(Input material)

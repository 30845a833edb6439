-- ===== src/Utils.antt =====
-- webui/src/app/utils.ts: the helpers that shorten texts and describe times and slots.
-- `formatTimestamp` and `formatBytes` rest on the locale and on floating point, and are left out.
pub mod Laws
mod Tests
use kvrocks_controller.Common.{List, [], if◌then◌else◌, leb, length, take, ℕ, ◌++◌, ◌/◌, ◌||◌, ◌∷◌}
use kvrocks_controller.Common.Int.{ltb_ℤ, pos, pos_part, ℤ, ◌-ℤ◌}
use kvrocks_controller.Js.Decimal.{show_ℕ, show_ℤ}
use kvrocks_controller.Js.Text.{Text, codes, is_empty, join}

unfoldable pub truncate_text : Text → ℕ → Text
truncate_text text max_length =
    if is_empty text || leb (length text) max_length
    then text
    else take max_length text ++ codes "..."

unfoldable pub describe_uptime : ℤ → Text
describe_uptime uptime_seconds =
    if ltb_ℤ uptime_seconds (pos 60)
    then show_ℤ uptime_seconds ++ codes " seconds"
    else if ltb_ℤ uptime_seconds (pos 3600)
    then show_ℕ (pos_part uptime_seconds / 60) ++ codes " minutes"
    else if ltb_ℤ uptime_seconds (pos 86400)
    then show_ℕ (pos_part uptime_seconds / 3600) ++ codes " hours"
    else show_ℕ (pos_part uptime_seconds / 86400) ++ codes " days"

-- `Date.now()` is the parameter `clock`, in milliseconds.
unfoldable pub calculate_uptime : ℕ → ℕ → Text
unfolding describe_uptime
calculate_uptime clock timestamp = describe_uptime (pos (clock / 1000) -ℤ pos timestamp)

unfoldable pub format_slot_ranges : List Text → Text
format_slot_ranges [] = codes "None"
format_slot_ranges (a ∷ []) = join (codes ", ") (a ∷ [])
format_slot_ranges (a ∷ b ∷ []) = join (codes ", ") (a ∷ b ∷ [])
format_slot_ranges (a ∷ b ∷ c ∷ rest) =
    a ++ (codes ", " ++ (b ++ (codes ", ... (+" ++ (show_ℕ (length (c ∷ rest)) ++ codes " more)"))))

(End Input material)

● **What you will do**
Taking the line with "else take max_length" as the first and the line with "format_slot_ranges (a ∷ [])" as the last, retype that stretch of the data above exactly, with no other lines.

● **Written response**
    else take max_length text ++ codes "..."

unfoldable pub describe_uptime : ℤ → Text
describe_uptime uptime_seconds =
    if ltb_ℤ uptime_seconds (pos 60)
    then show_ℤ uptime_seconds ++ codes " seconds"
    else if ltb_ℤ uptime_seconds (pos 3600)
    then show_ℕ (pos_part uptime_seconds / 60) ++ codes " minutes"
    else if ltb_ℤ uptime_seconds (pos 86400)
    then show_ℕ (pos_part uptime_seconds / 3600) ++ codes " hours"
    else show_ℕ (pos_part uptime_seconds / 86400) ++ codes " days"

-- `Date.now()` is the parameter `clock`, in milliseconds.
unfoldable pub calculate_uptime : ℕ → ℕ → Text
unfolding describe_uptime
calculate_uptime clock timestamp = describe_uptime (pos (clock / 1000) -ℤ pos timestamp)

unfoldable pub format_slot_ranges : List Text → Text
format_slot_ranges [] = codes "None"
format_slot_ranges (a ∷ []) = join (codes ", ") (a ∷ [])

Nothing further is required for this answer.